In political history we still find one group being portrayed as the victims of the other’s cruelty. In South Africa—and this I say not to necessarily delve into the science of apartheid—records of history present one racial group as the all time victims of those villains who championed racial oppression. Moreover, when you look at the atomic bombing of Hiroshima in Japan, you will likely recognise the fact that the Japanese are in this context presented by history as victims of the USA’s inhumane acts.

However, does being on the victims’ side mean one has never been a villain in various interactions, be they political, romantic and interpersonal?

Alike, can we conclusively regard history-portrayed villains as evil in their entire being without exploring the possibilities of them having been victims (at times to those seen as the ‘real’ victims) before?

Let me bring it home and humbly plead for emotional detachment from this example: As we remember victims of apartheid, mainly my fellow Black people, do we ever pause to also observe what our other Black people did to Whites during the struggle for freedom?

Don’t get prematurely heated up, but what my question seeks to achieve is whether our South African political history makes provision for White civilians killed in explosions, protests and those neck-laced, although they may not have been active drivers of the system of oppression.

Do all Whites fall into the category of evil doers? Or does history acknowledge that no one can consistently be a perpetrator without having been a victim, vice-versa?

Returning to the Hiroshima tragedy, why is it that the Japanese enjoy the favourable position of ‘victimhood’ as if in the history of war they never perpetrated any crimes against humanity?

Following my obviously subjective observation, I believe that it is easier to stand up as someone who was once abused than as the abuser, someone who’s had his parents killed than one who has also killed many people, someone who is a victim of transformation than one who once enjoyed privileges at the victimisation of others.
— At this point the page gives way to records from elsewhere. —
-- ===== src/Tokens/Laws.antt =====
-- pallets/tokens/src/lib.rs: what the operations do to the accounts they name, and how they fail.
use zero_dao_node.Base.{
  ◌<◌, ℕ, ◌+◌, ◌*◌, ◌≤◌, ◌≡◌, refl, ◌≢◌, inl, inr, List, arith, ◌==◌, if◌then◌else◌, saturating_add,
  u128,
}
use zero_dao_node.Base.StorageMap.{get_or-insert}
use zero_dao_node.Dispatch.{ok, >>=-eq-ok, Result-cases}
use zero_dao_node.Primitives.Fee.{mul_floor_percent, pre_reserved}
use zero_dao_node.Support.{MultiBaseToken}
use zero_dao_node.Tokens.{
  cut_bonus, try_cut_bonus, get_bonus_amount, Config, TokensState, SocialAccount, default_account,
  account_of, free_balance, pay_with_pending, set_social_balance, transfer_social, staking, release,
  share, share_and_reserv, do_staking, add_bonus, claim,
}
use zero_dao_node.Tokens.Flow.{pool_funds, pay_with_pending_totals, pay_with_pending_socials}

module _ {Q : Type 0} (cfg : Config Q) where
  open cfg use {multi_currency, social_pool, perbill}

  -- A successful transfer raises the social balance of `to` by the amount and changes no other
  -- social balance, no pending balance but that of `from`, and neither the staked total nor the
  -- bonus.
  pub transfer_social_lem :
      (from to amount : ℕ) (s s' : TokensState Q)
      → transfer_social cfg from to amount s ≡ ok s'
      → (who : ℕ)
      → ((account_of who s').social
          ≡ (if who == to then (account_of to s).social + amount else (account_of who s).social))
        × ((account_of who s').pending
            ≡ (if who == from then (account_of from s').pending else (account_of who s).pending))
        × (s'.total_staking ≡ s.total_staking)
        × (s'.bonus ≡ s.bonus)
  unfolding transfer_social set_social_balance
  transfer_social_lem from to amount s s' e who =
      elim (Result-cases (pay_with_pending cfg from amount s)) [
        | inl (p, paid) ↦
            let credited = record (account_of to p) {
              social = (account_of to s).social + amount;
            } in
            ground (
              arith,
              pay_with_pending_socials cfg from amount s p paid who,
              pay_with_pending_socials cfg from amount s p paid to,
              pay_with_pending_socials cfg from amount s p paid from,
              pay_with_pending_totals cfg from amount s p paid,
              get_or-insert default_account who to credited p.accounts,
              get_or-insert default_account from to credited p.accounts,
            )
        | inr (x, failed) ↦ ground arith
      ]

  -- A successful release lowers the staked total and the pool's free balance by the amount and
  -- raises the receiver's free balance by it; the social accounts and the bonus stay.
  pub release_lem :
      (who amount : ℕ) (s s' : TokensState Q)
      → who ≢ social_pool
      → release cfg who amount s ≡ ok s'
      → (s'.total_staking + amount ≡ s.total_staking)
        × (free_balance cfg who s' ≡ free_balance cfg who s + amount)
        × (pool_funds cfg s' + amount ≡ pool_funds cfg s)
        × (s'.accounts ≡ s.accounts)
        × (s'.bonus ≡ s.bonus)
  unfolding release
  release_lem who amount s s' h e =
      elim (Result-cases (multi_currency.transfer social_pool who amount s.currency)) [
        | inl (q, sent) ↦ ground (
          arith,
          multi_currency.transfer_from social_pool who amount s.currency q,
          multi_currency.transfer_to social_pool who amount s.currency q,
        )
        | inr (x, failed) ↦ ground arith
      ]

  -- A successful claim pays the whole pending balance out of the pool account to the caller and
  -- leaves no pending balance; the caller's social balance, every other account, the staked total
  -- and the bonus stay as they are.
  pub claim_lem :
      (who other : ℕ) (s s' : TokensState Q)
      → who ≢ social_pool
      → claim cfg who s ≡ ok s'
      → (account_of other s' ≡ (
          if other == who
          then record { pending = 0; social = (account_of who s).social }
          else account_of other s))
        × (free_balance cfg who s' ≡ free_balance cfg who s + (account_of who s).pending)
        × (pool_funds cfg s' + (account_of who s).pending ≡ pool_funds cfg s)
        × (s'.total_staking ≡ s.total_staking)
        × (s'.bonus ≡ s.bonus)
  unfolding claim
  claim_lem who other s s' h e =
      let a = account_of who s in
      let paid : SocialAccount = record { pending = 0; social = a.social } in
      elim (Result-cases (multi_currency.transfer social_pool who a.pending s.currency)) [
        | inl (q, sent) ↦ ground (
          arith,
          multi_currency.transfer_from social_pool who a.pending s.currency q,
          multi_currency.transfer_to social_pool who a.pending s.currency q,
          get_or-insert default_account other who paid s.accounts,
        )
        | inr (x, failed) ↦ ground arith
      ]

  share_and_reserv_pending :
      (from : ℕ) (ts : List ℕ) (t r : ℕ) (s : TokensState Q)
      → (account_of from (share_and_reserv from ts t r s)).pending ≡ r
  unfolding share_and_reserv
  share_and_reserv_pending from ts t r s = grind (arith, get_or-insert)

  -- Sharing sets the owner's pending balance to the reserved share of the social balance, whatever
  -- was pending before, and the reserve is at most a tenth of the social balance.
  pub share_pending :
      (who : ℕ) (ts : List ℕ) (s : TokensState Q)
      → ((account_of who (share cfg who ts s).0).pending
          ≡ perbill.mul_floor (pre_reserved perbill) (account_of who s).social)
        × ((account_of who (share cfg who ts s).0).pending * 10 ≤ (account_of who s).social)
  unfolding share do_staking add_bonus
  share_pending who ts s =
      let tenth = perbill.mul_floor (perbill.from_percent 10) (account_of who s).social in
      let burnt = record s { currency = multi_currency.slash social_pool tenth s.currency } in
      let kept = share_and_reserv_pending who ts tenth tenth burnt in
      (kept, omega (arith, kept, mul_floor_percent perbill 10 (account_of who s).social))

  -- Sharing out a social balance puts at least six tenths of it in the bonus and stakes the fee alone,
  -- where the staked total and the bonus do not saturate: the bonus is not among the staked funds.
  pub share_bonus :
      (who : ℕ) (ts : List ℕ) (s : TokensState Q)
      → s.total_staking + (account_of who s).social < u128
      → s.bonus + (account_of who s).social < u128
      → let shared = share cfg who ts s in
        (shared.0.total_staking ≡ s.total_staking + shared.1)
        × (shared.1 * 10 ≤ (account_of who s).social)
        × (s.bonus * 10 + (account_of who s).social * 6 ≤ shared.0.bonus * 10)
  unfolding share share_and_reserv do_staking add_bonus
  share_bonus who ts s room room' =
      let tenth = mul_floor_percent perbill 10 (account_of who s).social (omega arith) in
      (ground (arith, tenth), ground (arith, tenth), ground (arith, tenth))

  pub staked-release :
      (who amount : ℕ) (s s' : TokensState Q)
      → release cfg who amount s ≡ ok s'
      → s'.total_staking + amount ≡ s.total_staking
  unfolding release
  staked-release who amount s s' e =
      elim (Result-cases (multi_currency.transfer social_pool who amount s.currency)) [
        | inl (q, sent) ↦ ground arith
        | inr (x, failed) ↦ ground arith
      ]

  pub staked-share :
      (who : ℕ) (ts : List ℕ) (s : TokensState Q)
      → (share cfg who ts s).0.total_staking
        ≡ saturating_add u128 s.total_staking (share cfg who ts s).1
  unfolding share share_and_reserv do_staking add_bonus
  staked-share who ts s = refl

  pub staked-staking :
      (who amount : ℕ) (s s' : TokensState Q)
      → staking cfg who amount s ≡ ok s'
      → s'.total_staking ≡ saturating_add u128 s.total_staking amount
  unfolding staking do_staking
  staked-staking who amount s s' e =
      let paid = >>=-eq-ok (pay_with_pending cfg who amount s) (λ p. ok (do_staking amount p)) e in
      ground (arith, paid.2, pay_with_pending_totals cfg who amount s paid.0 paid.1)

  pub staked-cut_bonus :
      (amount : ℕ) (s s' : TokensState Q)
      → cut_bonus cfg amount s ≡ ok s'
      → (s'.total_staking ≡ s.total_staking) × (s'.bonus + amount ≡ s.bonus)
  unfolding cut_bonus try_cut_bonus
  staked-cut_bonus amount s s' e = (ground arith, ground arith)

  pub bonus-staking :
      (who amount : ℕ) (s s' : TokensState Q)
      → staking cfg who amount s ≡ ok s'
      → s'.bonus ≡ s.bonus
  unfolding staking do_staking
  bonus-staking who amount s s' e =
      let paid = >>=-eq-ok (pay_with_pending cfg who amount s) (λ p. ok (do_staking amount p)) e in
      ground (arith, paid.2, pay_with_pending_totals cfg who amount s paid.0 paid.1)

  pub bonus-release :
      (who amount : ℕ) (s s' : TokensState Q)
      → release cfg who amount s ≡ ok s'
      → s'.bonus ≡ s.bonus
  unfolding release
  bonus-release who amount s s' e =
      elim (Result-cases (multi_currency.transfer social_pool who amount s.currency)) [
        | inl (q, sent) ↦ ground arith
        | inr (x, failed) ↦ ground arith
      ]

  -- The pallet fills the trait by which the others see it.
  abbrev pub zd_tokens : MultiBaseToken (TokensState Q)
  zd_tokens = record {
    staking = staking cfg;
    release = release cfg;
    share = share cfg;
    get_bonus_amount = get_bonus_amount cfg;
    cut_bonus = cut_bonus cfg;
    staked = λ s. s.total_staking;
    staked-release = staked-release;
    staked-staking = staked-staking;
    staked-share = staked-share;
    staked-cut_bonus = staked-cut_bonus;
    bonus-staking = bonus-staking;
    bonus-release = bonus-release;
  }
As citizens of the world we have placed too much value on the concept of victimhood that we have unfortunately taken away the responsibility from those we perceive (or who proclaim themselves) to be sufferers.

It’s dismissed as mean and insensitive to ask a woman who claims to have been sexually harassed by her boss what her role in the alleged harassment is. Even now as you read this, you might reject it as immature of me to even dare attempt to investigate the participation of ‘victims’ in their own sufferings, or in someone else’s.

And so the arguments will continue—“you can’t ask how many men have also been sexually harassed by women”, “you can’t ask Black people whether they admit to having also killed Whites in the past”, “you should be sympathising with poor victims instead of asking such childish questions” (of course in some cases we can’t ask such).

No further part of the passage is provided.